DATA FOR THE TASK
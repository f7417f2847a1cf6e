-- ===== src/Zmalloc.antt =====
-- redis/src/zmalloc.c: allocation with a count of the used memory. Each block has its size in the word in
-- front of it. `malloc` and `realloc` are the C library's: the address that they return is an argument.
mod Tests
use homemade.Prelude.{
  ℕ, zero, suc, ◌+◌, ◌-◌, ◌*◌, ◌%◌, ◌≤◌, ◌<◌, ◌≡◌, ◌≢◌, refl, sym, ap, ◌∙◌, Option-cases, Bool,
  true, false, ◌||◌, Option, none, some, List, [], ◌∷◌, ◌++◌, arith, ◌==◌, if◌then◌else◌,
  Bool-cases, inl, inr,
}

abbrev word : ℕ
word = 18446744073709551616

-- The blocks that are live, by their address, with the size in front, and `used_memory`.
pub record Memory : Type 0 where
  pub blocks : List (ℕ × ℕ)
  pub used_memory : ℕ

-- The size in front of a block; `none` is a read through a pointer that is not one.
unfoldable pub size_at : ℕ → List (ℕ × ℕ) → Option ℕ
size_at p [] = none
size_at p ((a, size) ∷ bs) = if a == p then some size else size_at p bs

unfoldable pub without : ℕ → List (ℕ × ℕ) → List (ℕ × ℕ)
without p [] = []
without p ((a, size) ∷ bs) = if a == p then bs else (a, size) ∷ without p bs

-- `zmalloc`; it writes through what `malloc` returns before any test, so NULL is a fault
unfoldable pub zmalloc : ℕ → ℕ → Memory → Option (ℕ × Memory)
zmalloc fresh size m =
    if fresh == 0
    then none
    else some (
      fresh,
      record {
        blocks = (fresh, size) ∷ m.blocks;
        used_memory = (m.used_memory + (size + 8) % word) % word;
      },
    )

-- `zrealloc` of a block that it found, of `oldsize` bytes
unfoldable pub zrealloc_found : ℕ → ℕ → ℕ → ℕ → Memory → Option (ℕ × Memory)
unfolding without
zrealloc_found fresh p oldsize size m =
    if fresh == 0
    then some (0, m)
    else some (
      fresh,
      record {
        blocks = (fresh, size) ∷ without p m.blocks;
        used_memory = ((m.used_memory + (word - oldsize % word)) % word + size % word) % word;
      },
    )

-- `zrealloc`; the result 0 is NULL
unfoldable pub zrealloc : ℕ → ℕ → ℕ → Memory → Option (ℕ × Memory)
unfolding zmalloc zrealloc_found size_at
zrealloc fresh p size m = if p == 0 then zmalloc fresh size m else elim (size_at p m.blocks) [
  | none ↦ none
  | some oldsize ↦ zrealloc_found fresh p oldsize size m
]

-- `zfree`
unfoldable pub zfree : ℕ → Memory → Option Memory
unfolding size_at without
zfree p m = if p == 0 then some m else elim (size_at p m.blocks) [
  | none ↦ none
  | some oldsize ↦ some (record {
    blocks = without p m.blocks;
    used_memory = (m.used_memory + (word - (oldsize + 8) % word)) % word;
  })
]

-- What the live blocks take: each its size and the word in front.
abbrev pub total : List (ℕ × ℕ) → ℕ
total [] = 0
total ((a, size) ∷ bs) = (size + 8) + total bs

-- The counter is what the live blocks take, in a word.
abbrev pub IsCounted : Memory → Type 0
IsCounted m = m.used_memory ≡ total m.blocks % word

total-without :
    (p size : ℕ) (bs : List (ℕ × ℕ))
    → size_at p bs ≡ some size
    → total bs ≡ (size + 8) + total (without p bs)
unfolding size_at without
total-without p size [] h = cc
total-without p size ((a, s) ∷ bs) h = elim (Bool-cases (a == p)) [
  | inl here ↦
      let e : some s ≡ some size = rw here at h in
      rw here (let e' : s ≡ size = cc in omega (arith, e'))
  | inr other ↦ let e = rw other at h in rw other (omega (arith, total-without p size bs e))
]

-- An operation of the program on its memory.
pub data Step (m n : Memory) : Type 0 where
  malloc_step : (fresh size p : ℕ) → zmalloc fresh size m ≡ some (p, n) → Step m n
  realloc_step : (fresh p size q : ℕ) → zrealloc fresh p size m ≡ some (q, n) → Step m n
  free_step : (p : ℕ) → zfree p m ≡ some n → Step m n

pub data Reach (m : Memory) : Memory → Type 0 where
  here : Reach m m
  next : {n k : Memory} → Reach m n → Step n k → Reach m k

memory_of : Memory → Option (ℕ × Memory) → Memory
memory_of d none = d
memory_of d (some (p, m)) = m

zmalloc-IsCounted :
    (fresh size p : ℕ) (m n : Memory)
    → zmalloc fresh size m ≡ some (p, n)
    → IsCounted m
    → IsCounted n
unfolding zmalloc memory_of
zmalloc-IsCounted fresh size p m n run c = elim (Bool-cases (fresh == 0)) [
  | inl null ↦ absurd (let r = rw null at run in cc)
  | inr given ↦ let e = ap (memory_of m) (rw given at run) in rw (sym e) (omega (arith, c))
]

zrealloc_found-IsCounted :
    (fresh p oldsize size q : ℕ) (m n : Memory)
    → size_at p m.blocks ≡ some oldsize
    → zrealloc_found fresh p oldsize size m ≡ some (q, n)
    → IsCounted m
    → IsCounted n
unfolding zrealloc_found memory_of
zrealloc_found-IsCounted fresh p oldsize size q m n found run c = elim (Bool-cases (fresh == 0)) [
  | inl null ↦ let e = ap (memory_of m) (rw null at run) in rw (sym e) c
  | inr given ↦
      let e = ap (memory_of m) (rw given at run) in
      rw (sym e) (omega (arith, c, total-without p oldsize m.blocks found))
]

zrealloc-IsCounted :
    (fresh p size q : ℕ) (m n : Memory)
    → zrealloc fresh p size m ≡ some (q, n)
    → IsCounted m
    → IsCounted n
unfolding zrealloc
zrealloc-IsCounted fresh p size q m n run c = elim (Bool-cases (p == 0)) [
  | inl null ↦ zmalloc-IsCounted fresh size q m n (rw null at run) c
  | inr block ↦ elim (Option-cases (size_at p m.blocks)) [
    | inl lost ↦ absurd (let r = rw (block, lost) at run in cc)
    | inr (oldsize, found) ↦
        zrealloc_found-IsCounted fresh p oldsize size q m n found (rw (block, found) at run) c
  ]
]

block_of : Memory → Option Memory → Memory
block_of d none = d
block_of d (some m) = m

zfree-IsCounted : (p : ℕ) (m n : Memory) → zfree p m ≡ some n → IsCounted m → IsCounted n
unfolding zfree block_of
zfree-IsCounted p m n run c = elim (Bool-cases (p == 0)) [
  | inl null ↦ let e = ap (block_of m) (rw null at run) in rw (sym e) c
  | inr block ↦ elim (Option-cases (size_at p m.blocks)) [
    | inl lost ↦ absurd (let r = rw (block, lost) at run in cc)
    | inr (oldsize, found) ↦
        let e = ap (block_of m) (rw (block, found) at run) in
        rw (sym e) (omega (arith, c, total-without p oldsize m.blocks found))
  ]
]

-- After any calls of `zmalloc`, `zrealloc` and `zfree`, from a memory whose counter is right, the counter
-- is what the live blocks take with the word in front of each, modulo 2 ^ 64.
pub Reach-IsCounted : {m n : Memory} → IsCounted m → Reach m n → IsCounted n
Reach-IsCounted c here = c
Reach-IsCounted c (next r (malloc_step fresh size p run)) =
    zmalloc-IsCounted fresh size p _ _ run (Reach-IsCounted c r)
Reach-IsCounted c (next r (realloc_step fresh p size q run)) =
    zrealloc-IsCounted fresh p size q _ _ run (Reach-IsCounted c r)
Reach-IsCounted c (next r (free_step p run)) = zfree-IsCounted p _ _ run (Reach-IsCounted c r)
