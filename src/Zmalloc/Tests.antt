-- ===== src/Zmalloc/Tests.antt =====
-- A run of redis/src/zmalloc.c: a block that grows, and first that is freed.
use homemade.Prelude.{refl, [], ◌∷◌}
use homemade.Zmalloc.{
  Memory, size_at, without, zmalloc, zrealloc, zrealloc_found, zfree, IsCounted, malloc_step,
  realloc_step, free_step, Reach, here, next, Reach-IsCounted,
}

abbrev empty : Memory
empty = record { blocks = []; used_memory = 0 }

abbrev first : Memory
first = record { blocks = (64, 10) ∷ []; used_memory = 18 }

abbrev two : Memory
two = record { blocks = (128, 5) ∷ (64, 10) ∷ []; used_memory = 31 }

abbrev grown : Memory
grown = record { blocks = (256, 50) ∷ (128, 5) ∷ []; used_memory = 71 }

abbrev left : Memory
left = record { blocks = (256, 50) ∷ []; used_memory = 58 }

run : Reach empty left
unfolding zmalloc zrealloc zrealloc_found zfree size_at without
run =
    next
      (next (next (next here (malloc_step 64 10 64 refl)) (malloc_step 128 5 128 refl))
        (realloc_step 256 64 50 256 refl))
      (free_step 128 refl)

Reach-IsCounted_example : IsCounted left
Reach-IsCounted_example = Reach-IsCounted {m = empty} {n = left} refl run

DIRECTIONS
For each line above that has the word "through", add one to a tally, and report the final tally alone.

WRITTEN SOLUTION
2